[Collected data entries]
== Segment start ==

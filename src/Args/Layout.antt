-- ===== src/Args/Layout.antt =====
-- What `storeArguments` writes, and that `getArgSizes` has reserved as much.
use static_logger.Prelude.{
  ℕ, ◌+◌, ◌%◌, ◌^◌, ◌<◌, not, Option, none, some, List, [], ◌∷◌, ◌++◌, if◌then◌else◌, length, take,
  length-append, length-take, ◌≡◌, refl, sym, ap, ◌∙◌, arith, Bool-cases, inl, inr,
}
use static_logger.Prelude.Memory.{write_bytes, write_bytes-append}
use static_logger.Prelude.Bytes.{le_bytes, length-le_bytes}
use static_logger.Format.Types.{ParamType, is_string}
use static_logger.Args.{
  Arg, integer, floating, pointer, text, pointer_size, string_size_of, Sized, add_size,
  get_arg_size, get_arg_sizes, Cursor, put, stored, store_argument, store_arguments,
}
use static_logger.Args.Sizes.{string_size_of-le}

-- The bytes of one argument: a string is its size in four bytes and its characters.
abbrev pub payload : ParamType → ℕ → Arg → List ℕ
payload t s (text address chars) =
    if not (is_string t)
    then le_bytes pointer_size address
    else le_bytes 4 s ++ take s (chars ++ 0 ∷ [])
payload t s (integer size signed bits) = le_bytes size bits
payload t s (floating size bits) = le_bytes size bits
payload t s (pointer bits) = le_bytes pointer_size bits

abbrev pub payloads : List ParamType → List ℕ → List Arg → List ℕ
payloads types sizes [] = []
payloads (t ∷ types) (s ∷ sizes) (arg ∷ args) = payload t s arg ++ payloads types sizes args
payloads _ _ (arg ∷ args) = []

-- Strings of less than 4 GiB.
abbrev pub IsShort : Arg → Type 0
IsShort (text address chars) = length chars < 2 ^ 32
IsShort _ = Unit

abbrev pub AllShort : List Arg → Type 0
AllShort [] = Unit
AllShort (arg ∷ args) = IsShort arg × AllShort args

put-append : (xs ys : List ℕ) (c : Cursor) → put (xs ++ ys) c ≡ put ys (put xs c)
unfolding put
put-append xs ys c =
    λ i. record { memory = write_bytes-append c.memory c.position xs ys i; position = sum i }
  where
    sum : c.position + length (xs ++ ys) ≡ c.position + length xs + length ys
    sum = omega (arith, length-append xs ys)

-- An argument takes the space that `getArgSize` has computed, and is stored without an error.
get_arg_size-payload :
    (t : ParamType) (prev s : ℕ) (arg : Arg) (c : Cursor)
    → IsShort arg
    → let sized = get_arg_size t prev s arg in
      (sized.size ≡ length (payload t sized.string_size arg))
      × (store_argument arg t sized.string_size c
          ≡ stored (put (payload t sized.string_size arg) c))
unfolding get_arg_size store_argument
get_arg_size-payload t prev s (text address chars) c h = elim (Bool-cases (is_string t)) [
  | inl str ↦
      let n = string_size_of t prev (length chars) in
      let le = string_size_of-le t prev (length chars) in
      rw str (
        omega (
          arith,
          length-append (le_bytes 4 n) (take n (chars ++ 0 ∷ [])),
          length-le_bytes 4 n,
          length-take n (chars ++ 0 ∷ []),
          length-append chars (0 ∷ []),
        ),
        ground (arith, put-append (le_bytes 4 n) (take n (chars ++ 0 ∷ [])) c),
      )
  | inr other ↦ rw other (sym (length-le_bytes pointer_size address), refl)
]
get_arg_size-payload t prev s (integer size signed bits) c h =
    (sym (length-le_bytes size bits), refl)
get_arg_size-payload t prev s (floating size bits) c h = (sym (length-le_bytes size bits), refl)
get_arg_size-payload t prev s (pointer bits) c h = (sym (length-le_bytes pointer_size bits), refl)

put-nil : (c : Cursor) → put [] c ≡ c
unfolding put write_bytes
put-nil c = λ i. record { memory = c.memory; position = still i }
  where
    still : c.position + 0 ≡ c.position
    still = omega arith

-- The sum that one argument adds, taken apart.
pub add_size-eq-some :
    (sized : Sized) (r : Option (ℕ × List ℕ)) {n : ℕ} {sizes : List ℕ}
    → add_size sized r ≡ some (n, sizes)
    → (m : ℕ) × (ss : List ℕ) × (r ≡ some (m, ss))
      × (n ≡ (sized.size + m) % 2 ^ 64)
      × (sizes ≡ sized.string_size ∷ ss)
add_size-eq-some sized (some (m, ss)) e = (m, ss, refl, ground arith, ground arith)
add_size-eq-some sized none e = cc

-- For strings of less than 4 GiB: what `getArgSizes` returns is the number of bytes that
-- `storeArguments` then writes, modulo 2^64, and with the sizes that it has left in the array
-- nothing is thrown or read out of range; the bytes written are the arguments' in order, from the
-- buffer pointer on, and the pointer ends behind them.
pub store_arguments-payloads :
    (args : List Arg) (types : List ParamType) (prev : ℕ) (slots sizes : List ℕ) (n : ℕ)
    (c : Cursor)
    → AllShort args
    → get_arg_sizes types prev slots args ≡ some (n, sizes)
    → (store_arguments types sizes args c ≡ stored (put (payloads types sizes args) c))
      × (n ≡ length (payloads types sizes args) % 2 ^ 64)
unfolding get_arg_sizes store_arguments
store_arguments-payloads [] types prev slots sizes n c h e =
    (ap stored (sym (put-nil c)), ground arith)
store_arguments-payloads (arg ∷ args) [] prev slots sizes n c h e = cc
store_arguments-payloads (arg ∷ args) (t ∷ types) prev [] sizes n c h e = cc
store_arguments-payloads (arg ∷ args) (t ∷ types) prev (s ∷ slots) sizes n c h e =
    let sized = get_arg_size t prev s arg in
    let (m, ss, rest, sum, split) =
      add_size-eq-some sized (get_arg_sizes types sized.previous_precision slots args) e in
    let (fits, now) = get_arg_size-payload t prev s arg c h.0 in
    let first = payload t sized.string_size arg in
    let (later, left) =
      store_arguments-payloads args types sized.previous_precision slots ss m (put first c) h.1
        rest in
    rw split (
      rw (now, store_arguments)
          (later ∙ ap stored (sym (put-append first (payloads types ss args) c))),
      omega (arith, length-append first (payloads types ss args)),
    )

== Segment end ==

[Exercise] Where a line in the records above contains "left", include it in the count, and give only that number.

[Task answer] 2